* **What to produce**
Once you find the line containing "(==-ne z n (λ" in the data below, copy it and each following line exactly, up to and including the line containing "write_if_used_lem f good", and nothing else.

* **Supplied material**
-- ===== src/File/Unlink.antt =====
-- The page before the deleted one, and what deletePage writes (src/file.cpp).
use hit_database_exp3p2_cpp.Base.{
  ℕ, ◌+◌, ◌<◌, ◌≡◌, ◌^◌, ◌%◌, refl, sym, ◌∙◌, ap, Option, some, List, [], ◌∷◌, ◌++◌, length, true,
  false, Bool, ◌==◌, if◌then◌else◌, ==-ne, ==-refl,
}
use hit_database_exp3p2_cpp.Result.{ok}
use hit_database_exp3p2_cpp.Page.{
  Page, page_number, next_page_number, set_next_page_number, initialize, is_used,
}
use hit_database_exp3p2_cpp.File.{delete_page, unlink_page}
use hit_database_exp3p2_cpp.File.Stream.{File, FileHeader, fetch}
use hit_database_exp3p2_cpp.File.Access.{
  with_page, read_header_lem, read_page_lem, write_header_lem, write_page_at_lem, write_if_used_lem,
}
use hit_database_exp3p2_cpp.File.Links.{Links, NotIn, own}
use hit_database_exp3p2_cpp.File.Walks.{walk_split, Passes}

-- No page before `y` points to `n` when `n` is none of the pages up to `y`.
Passes-NotIn :
    (n : ℕ) (xs : List ℕ) (y : ℕ) (ys : List ℕ) → NotIn n (xs ++ y ∷ ys) → Passes (λ k. k == n) xs y
Passes-NotIn n [] y ys out = tt
Passes-NotIn n (x ∷ []) y ys out = ==-ne y n (λ e. out.1.0 (sym e))
Passes-NotIn n (x ∷ z ∷ xs) y ys out =
    (==-ne z n (λ e. out.1.0 (sym e)), Passes-NotIn n (z ∷ xs) y ys out.1)

-- The first page of a list is none that is not in it.
first-NotIn :
    (disk : ℕ → Option Page) (top first n : ℕ) (xs : List ℕ) (y : ℕ) (ys zs : List ℕ)
    → Links disk own top first (xs ++ y ∷ ys)
    → NotIn n (xs ++ y ∷ zs)
    → ¬ (n ≡ first)
first-NotIn disk top first n [] y ys zs (a, b, c, q, d, t, l) out = λ e. out.0 (e ∙ a)
first-NotIn disk top first n (x ∷ xs) y ys zs (a, b, c, q, d, t, l) out = λ e. out.0 (e ∙ a)

module _ (f : File) (good : f.good ≡ true) (n : ℕ) (p : Page) (here : fetch f n ≡ some p)
    (below : n < f.file_header.num_pages) (tagged : ¬ (page_number p ≡ 0)) where
  -- The file that deletePage leaves, by what it unlinks.
  abbrev pub left : Page → FileHeader → File
  left e h =
      let g = if is_used e then with_page f (page_number e) e else f in
      record (with_page g n (set_next_page_number initialize h.first_free_page)) {
        file_header = record h {
          first_free_page = n;
          num_free_pages = (h.num_free_pages + 1) % 2 ^ 32;
        };
      }

  pub delete_page_lem :
      (fuel : ℕ) (e : Page) (h : FileHeader)
      → unlink_page fuel n f.file_header p f ≡ (ok (e, h), f)
      → delete_page fuel n f ≡ (ok tt, left e h)
  unfolding delete_page
  delete_page_lem fuel e h un =
      let g = if is_used e then with_page f (page_number e) e else f in
      let cleared = set_next_page_number initialize h.first_free_page in
      let good_g = still (is_used e) e in
      rw
        (
          read_header_lem f good,
          read_page_lem f good n p here below tagged,
          un,
          write_if_used_lem f good e,
          write_page_at_lem g good_g n cleared,
          write_header_lem (with_page g n cleared) good_g
              (record h { first_free_page = n; num_free_pages = (h.num_free_pages + 1) % 2 ^ 32 }),
        )
        refl
    where
      still : (b : Bool) (e : Page) → (if b then with_page f (page_number e) e else f).good ≡ true
      still true e = good
      still false e = good

  pub unlink_head :
      (fuel : ℕ)
      → f.file_header.first_used_page ≡ n
      → unlink_page fuel n f.file_header p f
        ≡ (ok (initialize, record (f.file_header) { first_used_page = next_page_number p }), f)
  unfolding unlink_page
  unlink_head fuel e = rw (e, ==-refl n) refl

  pub unlink_behind :
      (fuel : ℕ) (xs : List ℕ) (y : ℕ) (ys : List ℕ) (q : Page)
      → page_number p ≡ n
      → Links (fetch f) own f.file_header.num_pages f.file_header.first_used_page (xs ++ y ∷ n ∷ ys)
      → NotIn n (xs ++ y ∷ ys)
      → fetch f y ≡ some q
      → next_page_number q ≡ n
      → length xs < fuel
      → unlink_page fuel n f.file_header p f
        ≡ (ok (set_next_page_number q (next_page_number p), f.file_header), f)
  unfolding unlink_page
  unlink_behind fuel xs y ys q num l out there next enough =
      let first = f.file_header.first_used_page in
      rw
        (
          ==-ne n first
              (first-NotIn (fetch f) f.file_header.num_pages first n xs y (n ∷ ys) ys l out),
          num,
          walk_split f good (λ k. k == n) fuel first initialize xs y (n ∷ ys) q l
              (Passes-NotIn n xs y ys out) there (ap (λ k. k == n) next ∙ ==-refl n) enough,
        )
        refl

* **Task response**
    (==-ne z n (λ e. out.1.0 (sym e)), Passes-NotIn n (z ∷ xs) y ys out.1)

-- The first page of a list is none that is not in it.
first-NotIn :
    (disk : ℕ → Option Page) (top first n : ℕ) (xs : List ℕ) (y : ℕ) (ys zs : List ℕ)
    → Links disk own top first (xs ++ y ∷ ys)
    → NotIn n (xs ++ y ∷ zs)
    → ¬ (n ≡ first)
first-NotIn disk top first n [] y ys zs (a, b, c, q, d, t, l) out = λ e. out.0 (e ∙ a)
first-NotIn disk top first n (x ∷ xs) y ys zs (a, b, c, q, d, t, l) out = λ e. out.0 (e ∙ a)

module _ (f : File) (good : f.good ≡ true) (n : ℕ) (p : Page) (here : fetch f n ≡ some p)
    (below : n < f.file_header.num_pages) (tagged : ¬ (page_number p ≡ 0)) where
  -- The file that deletePage leaves, by what it unlinks.
  abbrev pub left : Page → FileHeader → File
  left e h =
      let g = if is_used e then with_page f (page_number e) e else f in
      record (with_page g n (set_next_page_number initialize h.first_free_page)) {
        file_header = record h {
          first_free_page = n;
          num_free_pages = (h.num_free_pages + 1) % 2 ^ 32;
        };
      }

  pub delete_page_lem :
      (fuel : ℕ) (e : Page) (h : FileHeader)
      → unlink_page fuel n f.file_header p f ≡ (ok (e, h), f)
      → delete_page fuel n f ≡ (ok tt, left e h)
  unfolding delete_page
  delete_page_lem fuel e h un =
      let g = if is_used e then with_page f (page_number e) e else f in
      let cleared = set_next_page_number initialize h.first_free_page in
      let good_g = still (is_used e) e in
      rw
        (
          read_header_lem f good,
          read_page_lem f good n p here below tagged,
          un,
          write_if_used_lem f good e,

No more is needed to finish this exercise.